Savaş gerçekliğinin kadının kendisine, yaşam alanına dönük olduğunu ve savaşın olduğu her yerde kadınların hedef alındığını belirten Koçtiğit son olarak şunları söyledi: "Bugün Efrin'de kadınlar mücadelenin en ön safında yer alıyorlar. Çünkü kadınlar savaşın ne demek olduğunu iyi biliyorlar. Savaş gerçekliğinin kendilerine dönük olduğunun farkındadırlar. Toprakların işgali mantığı, aslında kadın bedeninin de o işgalin bir parçası, devamı olarak görülmelidir. Kadınlar yaşadığı yeri sadece bir ev, dört duvar olarak görmüyor, yaşamı bir bütün kendisi olarak görüyor ve bunun için de o bütünü savunmak adına da her türlü fedakarlığı yapma noktasında da çatışmaların en önlerinde yer alıyor.

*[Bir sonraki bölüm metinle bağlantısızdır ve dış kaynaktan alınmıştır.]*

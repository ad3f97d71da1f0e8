-- ===== src/File/Attributes.antt =====
-- What `cpmAttrSet` and `cpmChmod` of cpmfs.c change.
use cpmtools.Base.{
  ℕ, suc, ◌<◌, ◌≡◌, ◌≢◌, refl, sym, ap, ◌∙◌, Bool, true, false, List, ◌∷◌, arith, none, some,
  Bool-cases, ◌⊎◌, inl, inr, length, get_or, get_elem?, modify, replicate, get_elem?-modify_self,
  lt_of_get_elem?, get_elem?-modify_ne,
}
use cpmtools.Entry.{Entry, IsEntry, low7}
use cpmtools.Super.{Drive}
use cpmtools.Inode.{Attr, Inode, has_bit, attr_of}
use cpmtools.Dir.{memcpy7, is_extent_of}
use cpmtools.Dir.Match.{is_extent_of_iff, low7-memcpy7}
use cpmtools.Dir.Each.{map_from, each_extent-map_from, get_elem?-map_from}
use cpmtools.File.{name_bits, ext_bits, rename_bits, attr_set}

-- The name and the extension that `cpmAttrSet` writes.
abbrev pub new_name : Attr → Entry → List ℕ
new_name a e = name_bits a (memcpy7 (replicate 8 0) e.name)

abbrev pub new_ext : Attr → Entry → List ℕ
new_ext a e = ext_bits a (memcpy7 (replicate 3 0) e.ext)

low7-name_bits : (a : Attr) (xs : List ℕ) → low7 (name_bits a xs) ≡ low7 xs
unfolding name_bits
low7-name_bits a (c0 ∷ c1 ∷ c2 ∷ c3 ∷ cs) = ground arith
low7-name_bits a _ = refl

low7-ext_bits : (a : Attr) (xs : List ℕ) → low7 (ext_bits a xs) ≡ low7 xs
unfolding ext_bits
low7-ext_bits a (c0 ∷ c1 ∷ c2 ∷ cs) = ground arith
low7-ext_bits a _ = refl

pub low7-new_name : (a : Attr) (e : Entry) → IsEntry e → low7 (new_name a e) ≡ low7 e.name
low7-new_name a e v =
    low7-name_bits a (memcpy7 (replicate 8 0) e.name)
    ∙ low7-memcpy7 (replicate 8 0) e.name (omega (arith, v.name_length))

pub low7-new_ext : (a : Attr) (e : Entry) → IsEntry e → low7 (new_ext a e) ≡ low7 e.ext
low7-new_ext a e v =
    low7-ext_bits a (memcpy7 (replicate 3 0) e.ext)
    ∙ low7-memcpy7 (replicate 3 0) e.ext (omega (arith, v.ext_length))

-- The bits read back, from any name of enough characters that `memcpy7` put onto zeros.
read_name_bits :
    (a : Attr) (xs : List ℕ)
    → length xs ≡ 8
    → (has_bit (get_or (name_bits a (memcpy7 (replicate 8 0) xs)) 0 0) 0x80 ≡ a.f1)
      × (has_bit (get_or (name_bits a (memcpy7 (replicate 8 0) xs)) 1 0) 0x80 ≡ a.f2)
      × (has_bit (get_or (name_bits a (memcpy7 (replicate 8 0) xs)) 2 0) 0x80 ≡ a.f3)
      × (has_bit (get_or (name_bits a (memcpy7 (replicate 8 0) xs)) 3 0) 0x80 ≡ a.f4)
unfolding name_bits memcpy7 has_bit
read_name_bits a (c0 ∷ c1 ∷ c2 ∷ c3 ∷ cs) h = ground arith
read_name_bits a _ h = absurd (omega arith)

read_ext_bits :
    (a : Attr) (xs : List ℕ)
    → length xs ≡ 3
    → (has_bit (get_or (ext_bits a (memcpy7 (replicate 3 0) xs)) 0 0) 0x80 ≡ a.ro)
      × (has_bit (get_or (ext_bits a (memcpy7 (replicate 3 0) xs)) 1 0) 0x80 ≡ a.sys)
      × (has_bit (get_or (ext_bits a (memcpy7 (replicate 3 0) xs)) 2 0) 0x80 ≡ a.arcv)
unfolding ext_bits memcpy7 has_bit
read_ext_bits a (c0 ∷ c1 ∷ c2 ∷ cs) h = ground arith
read_ext_bits a _ h = absurd (omega arith)

-- What is read back from an entry that `cpmAttrSet` has written.
pub attr_of-rename_bits :
    (a : Attr) (e x : Entry) (protect_mode : ℕ)
    → IsEntry e
    → attr_of (rename_bits (new_name a e) (new_ext a e) x) protect_mode ≡ record a {
      pwdel = has_bit protect_mode 0x20;
      pwwrite = has_bit protect_mode 0x40;
      pwread = has_bit protect_mode 0x80;
    }
attr_of-rename_bits a e x protect_mode v =
    let n = read_name_bits a e.name v.name_length in
    let m = read_ext_bits a e.ext v.ext_length in
    unfold attr_of rename_bits in rw (n.0, n.1, n.2, n.3, m.0, m.1, m.2)

module _ (d : Drive) (ino : Inode) (a : Attr) {e : Entry} (v : IsEntry e)
    (at : get_elem? d.dir ino.ino ≡ some e) where
  -- The test for the extents that the loop goes on with.
  abbrev same_file : Entry → Bool
  same_file = is_extent_of d e.status (new_name a e) (new_ext a e) none

  -- It is the test for the file of the inode.
  same_file_lem :
      (x : Entry) → is_extent_of d e.status e.name e.ext none x ≡ true → same_file x ≡ true
  same_file_lem x h =
      let (low, user, name, ext) = (is_extent_of_iff d e.status e.name e.ext x).0 h in
      (is_extent_of_iff d e.status (new_name a e) (new_ext a e) x).1
        (low, user, low7-new_name a e v ∙ name, low7-new_ext a e v ∙ ext)

  same_file_not :
      (x : Entry) → is_extent_of d e.status e.name e.ext none x ≡ false → same_file x ≡ false
  same_file_not x h = elim (Bool-cases (same_file x)) [
    | inr n ↦ n
    | inl y ↦
        let (low, user, name, ext) =
          (is_extent_of_iff d e.status (new_name a e) (new_ext a e) x).0 y in
        let back =
          (is_extent_of_iff d e.status e.name e.ext x).1
            (low, user, sym (low7-new_name a e v) ∙ name, sym (low7-new_ext a e v) ∙ ext) in
        cc back
  ]

  abbrev pub write : Entry → Entry
  write = rename_bits (new_name a e) (new_ext a e)

  dir-attr_set :
      {ino' : Inode} {d' : Drive}
      → attr_set d ino a ≡ some (ino', d')
      → d'.dir ≡ map_from same_file write (suc ino.ino) (modify d.dir ino.ino write)
  unfolding attr_set
  dir-attr_set h =
      let looped =
        each_extent-map_from same_file write d.dir ino.ino (lt_of_get_elem? d.dir ino.ino at) in
      ground (arith, looped)

  -- An entry behind the inode's that belongs to the file is written, and so is the inode's own.
  pub written :
      {ino' : Inode} {d' : Drive} (j : ℕ) (x : Entry)
      → attr_set d ino a ≡ some (ino', d')
      → get_elem? d.dir j ≡ some x
      → (ino.ino ≡ j) ⊎ (ino.ino < j) × (is_extent_of d e.status e.name e.ext none x ≡ true)
      → get_elem? d'.dir j ≡ some (write x)
  written j x h there (inl same) =
      let here : get_elem? (modify d.dir ino.ino write) j ≡ some (write x) =
        rw same (get_elem?-modify_self d.dir j write there) in
      ap (λ es. get_elem? es j) (dir-attr_set h)
      ∙ get_elem?-map_from same_file write (modify d.dir ino.ino write) (suc ino.ino) j here
      ∙ ground arith
  written j x h there (inr (behind, y)) =
      let here : get_elem? (modify d.dir ino.ino write) j ≡ some x =
        get_elem?-modify_ne d.dir ino.ino j write (λ s. absurd (omega arith)) ∙ there in
      ap (λ es. get_elem? es j) (dir-attr_set h)
      ∙ get_elem?-map_from same_file write (modify d.dir ino.ino write) (suc ino.ino) j here
      ∙ ground (arith, same_file_lem x y)

  pub untouched :
      {ino' : Inode} {d' : Drive} (j : ℕ) (x : Entry)
      → attr_set d ino a ≡ some (ino', d')
      → get_elem? d.dir j ≡ some x
      → (j < ino.ino) ⊎ (ino.ino < j) × (is_extent_of d e.status e.name e.ext none x ≡ false)
      → get_elem? d'.dir j ≡ some x
  untouched j x h there other =
      let apart : ino.ino ≢ j = ground arith in
      let here : get_elem? (modify d.dir ino.ino write) j ≡ some x =
        get_elem?-modify_ne d.dir ino.ino j write apart ∙ there in
      ap (λ es. get_elem? es j) (dir-attr_set h)
      ∙ get_elem?-map_from same_file write (modify d.dir ino.ino write) (suc ino.ino) j here
      ∙ ground (arith, same_file_not x)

Bunu çok açık bir şekilde Kobanê Savaşı'nda da gördük. Bugün Efrin'de yürüyen savaş için de aynı şeyi söyleyebiliriz. Evet bu bir kadın direnişidir. Aynı zamanda kadın mücadele hattını derinleştiren bir şey. Orada bugün sadece Kürt kadınları değil, Türkmen, Êzidî kadınlar da ‘yaşam alanlarımızı, çocuklarımızı koruyacağız’ diyorlar. Bunu görmemiz gerekiyor. Efrin'deki direniş meşruluğunu, haklılığını buradan alıyor. Her bir kadının cümlelerinden, zılgıtından o mücadeleye sunduğu katkıdan alıyor. Bu çok anlamlı ve değerlidir. Özgürlük yeryüzüne kadınların eliyle gelecek."